If you’re a perfectionist at work, your boss’ expectations may matter more than your own, research finds
Help your employees by clarifying expectations through regular feedback and performance conversations to reduce role ambiguity, as doing so can provide employees with a better understanding of role expectations and enhance mutual understanding of those standards.
If you’re among the 93% of people who struggle with perfectionism at work, new research suggests that your experience may depend less on your own high standards and more on whether those standards meet your supervisor’s expectations.
Researchers from the University of Florida Warrington College of Business found that whether perfectionism helps or harms employees depends largely on whether employees’ personal standards align with their supervisors’ expectations.
Specifically, they looked at the connection between employees’ self-oriented perfectionism, or the expectations of flawlessness they set for themselves, and supervisors’ other-oriented perfectionism, which reflects the extent to which they set excessively high standards for and critically evaluate their employees’ performance.
Using data from more than 350 employees and about 100 supervisors, the researchers found that perfectionism’s impact depends on whether employees’ standards align with what their supervisors expect and how clearly those expectations are understood.
When employees’ personal standards are aligned with their supervisors’ expectations, they tend to experience less role ambiguity, meaning they have less uncertainty about the expectations and standards for their role, why those standards matter and the consequences of not meeting them. This clarity in their work is linked to better performance, lower burnout and higher job satisfaction.
“Problems between employees and their supervisors are more likely to arise when these expectations don’t match,” explained Brian Swider, Beth Ayers McCague Family Professor.

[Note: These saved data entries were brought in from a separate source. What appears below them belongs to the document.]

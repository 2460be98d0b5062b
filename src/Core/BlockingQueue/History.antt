-- ===== src/Core/BlockingQueue/History.antt =====
-- Lemmas on what comes out of the queue, and in which order.
use epyx.Base.{
  ℕ, ◌≡◌, refl, sym, ap, ◌∙◌, inl, inr, List, [], ◌∷◌, ◌++◌, append_assoc, append-nil, Option, none,
  some, arith, Bool-cases, Option-cases,
}
use epyx.Core.BlockingQueue.{
  Call, pop, pop_for, flush, flush_for, Pc, idle, notifying, closing, pushing, pushing_in, entering,
  testing, waiting, asleep, woken, late, taking, Queue, new_queue, Act, call_push, call_take,
  try_take, call_close, go, notify, spurious, time_out, lock_at, takes, take_out, go_on, begin,
  is_asleep, sleeps, notify_one, notify_at, end_wait, act, run, then_run,
}

-- What went in is what came out and what is there, in this order.
abbrev pub IsKept : Queue → Type 0
IsKept q = q.pushed ≡ q.taken ++ q.fifo

abbrev Keeps : Option Queue → Type 0
Keeps none = Unit
Keeps (some q) = IsKept q

takes-append : (c : Call) (xs : List ℕ) → (takes c xs).0 ++ (takes c xs).1 ≡ xs
takes-append pop [] = refl
takes-append pop (x ∷ xs) = refl
takes-append pop_for [] = refl
takes-append pop_for (x ∷ xs) = refl
takes-append flush [] = refl
takes-append flush (x ∷ xs) = append-nil (x ∷ xs)
takes-append flush_for [] = refl
takes-append flush_for (x ∷ xs) = append-nil (x ∷ xs)

take_out-IsKept : (i : ℕ) (c : Call) (q : Queue) → IsKept q → IsKept (take_out i c q)
unfolding take_out
take_out-IsKept i c q h =
    h ∙ ap (λ x. q.taken ++ x) (sym (takes-append c q.fifo)) ∙ sym (append_assoc q.taken _ _)

lock_at-Keeps : (i : ℕ) (p : Pc) (q : Queue) → IsKept q → Keeps (lock_at i p q)
unfolding lock_at
lock_at-Keeps i p q h = elim (Option-cases q.owner) [
  | inl free ↦ rw (free, Keeps) h
  | inr (j, held) ↦ rw (held, Keeps) tt
]

go_on-Keeps : (i : ℕ) (p : Pc) (q : Queue) → IsKept q → Keeps (go_on i p q)
unfolding go_on
go_on-Keeps i idle q h = tt
go_on-Keeps i notifying q h = tt
go_on-Keeps i closing q h = h
go_on-Keeps i (pushing v) q h = lock_at-Keeps i (pushing_in v) q h
go_on-Keeps i (pushing_in v) q h = ap (λ x. x ++ v ∷ []) h ∙ append_assoc q.taken q.fifo (v ∷ [])
go_on-Keeps i (entering c) q h = lock_at-Keeps i (testing c) q h
go_on-Keeps i (testing c) q h = h
go_on-Keeps i (waiting c) q h = h
go_on-Keeps i (asleep c) q h = tt
go_on-Keeps i (woken c) q h = lock_at-Keeps i _ q h
go_on-Keeps i (late c) q h = elim (Option-cases q.owner) [
  | inl free ↦ rw (free, Keeps) h
  | inr (j, held) ↦ rw (held, Keeps) tt
]
go_on-Keeps i (taking c) q h = take_out-IsKept i c q h

begin-Keeps : (i : ℕ) (a : Act) (p : Pc) (q : Queue) → IsKept q → Keeps (begin i a p q)
unfolding begin
begin-Keeps i (call_push v) idle q h = ground (arith, h)
begin-Keeps i (call_take c) idle q h = h
begin-Keeps i (try_take c) idle q h = elim (Option-cases q.owner) [
  | inl free ↦ rw (free, Keeps) (take_out-IsKept i c q h)
  | inr (j, held) ↦ rw (held, Keeps) h
]
begin-Keeps i call_close idle q h = h
begin-Keeps i _ _ q h = ground arith

notify-Keeps :
    (n i : ℕ) (who : Option ℕ) (p : Pc) (q : Queue) → IsKept q → Keeps (notify_at n i who p q)
unfolding notify_at notify_one
notify-Keeps n i none notifying q h = elim (Bool-cases (sleeps n q.pc)) [
  | inl some_sleep ↦ rw (some_sleep, Keeps) tt
  | inr awake ↦ rw (awake, Keeps) h
]
notify-Keeps n i (some j) notifying q h = elim (Bool-cases (is_asleep (q.pc j))) [
  | inl sleeping ↦ rw (sleeping, Keeps) h
  | inr awake ↦ rw (awake, Keeps) tt
]
notify-Keeps n i who _ q h = ground arith

end_wait-Keeps : (i : ℕ) (a : Act) (p : Pc) (q : Queue) → IsKept q → Keeps (end_wait i a p q)
unfolding end_wait
end_wait-Keeps i spurious (asleep c) q h = h
end_wait-Keeps i time_out (asleep pop_for) q h = h
end_wait-Keeps i time_out (asleep flush_for) q h = h
end_wait-Keeps i _ _ q h = ground arith

act-Keeps : (n i : ℕ) (a : Act) (q : Queue) → IsKept q → Keeps (act n i a q)
unfolding act
act-Keeps n i (call_push v) q h = begin-Keeps i (call_push v) (q.pc i) q h
act-Keeps n i (call_take c) q h = begin-Keeps i (call_take c) (q.pc i) q h
act-Keeps n i (try_take c) q h = begin-Keeps i (try_take c) (q.pc i) q h
act-Keeps n i call_close q h = begin-Keeps i call_close (q.pc i) q h
act-Keeps n i go q h = go_on-Keeps i (q.pc i) q h
act-Keeps n i (notify who) q h = notify-Keeps n i who (q.pc i) q h
act-Keeps n i spurious q h = end_wait-Keeps i spurious (q.pc i) q h
act-Keeps n i time_out q h = end_wait-Keeps i time_out (q.pc i) q h

run-Keeps : (n : ℕ) (acts : List (ℕ × Act)) (q : Queue) → IsKept q → Keeps (run n acts q)
unfolding run
run-Keeps n [] q h = h
run-Keeps n ((i, a) ∷ rest) q h =
    next (act n i a q) (act-Keeps n i a q h) (λ q' h'. run-Keeps n rest q' h')
  where
    next :
        (o : Option Queue)
        → Keeps o
        → ((q' : Queue) → IsKept q' → Keeps (run n rest q'))
        → Keeps (then_run (run n rest) o)
    next none k go_on = tt
    next (some q') k go_on = go_on q' k

-- After any schedule of steps of any threads, the elements pushed are those taken, in the order of
-- the pushes, followed by those in the queue.
pub run_fifo :
    (n : ℕ) (acts : List (ℕ × Act)) {q : Queue}
    → run n acts new_queue ≡ some q
    → q.pushed ≡ q.taken ++ q.fifo
run_fifo n acts e = rw e at (run-Keeps n acts new_queue refl)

The most difficult situation occurs, Swider and his colleagues found, is when supervisors expect higher levels of perfectionism than employees expect from themselves. In these cases, employees reported greater uncertainty about their roles, along with worse work outcomes including higher burnout and lower job satisfaction.
“If you’re an employee who struggles with perfectionism at work, our findings suggest that understanding your supervisor’s expectations may be just as important as managing your own tendencies towards perfectionism,” Swider said. “Talking to your supervisor about priorities, standards and how your performance will be evaluated can help reduce uncertainty and ensure you both share a clear understanding of what success looks like.”
The researchers have similar recommendations for employers: help your employees by clarifying expectations through regular feedback and performance conversations to reduce role ambiguity, as doing so can provide employees with a better understanding of role expectations and enhance mutual understanding of those standards.
The researchers also recommend that organizations should consider how employees and supervisors are paired, as mismatched expectations can increase stress, reduce job satisfaction and ultimately impact performance.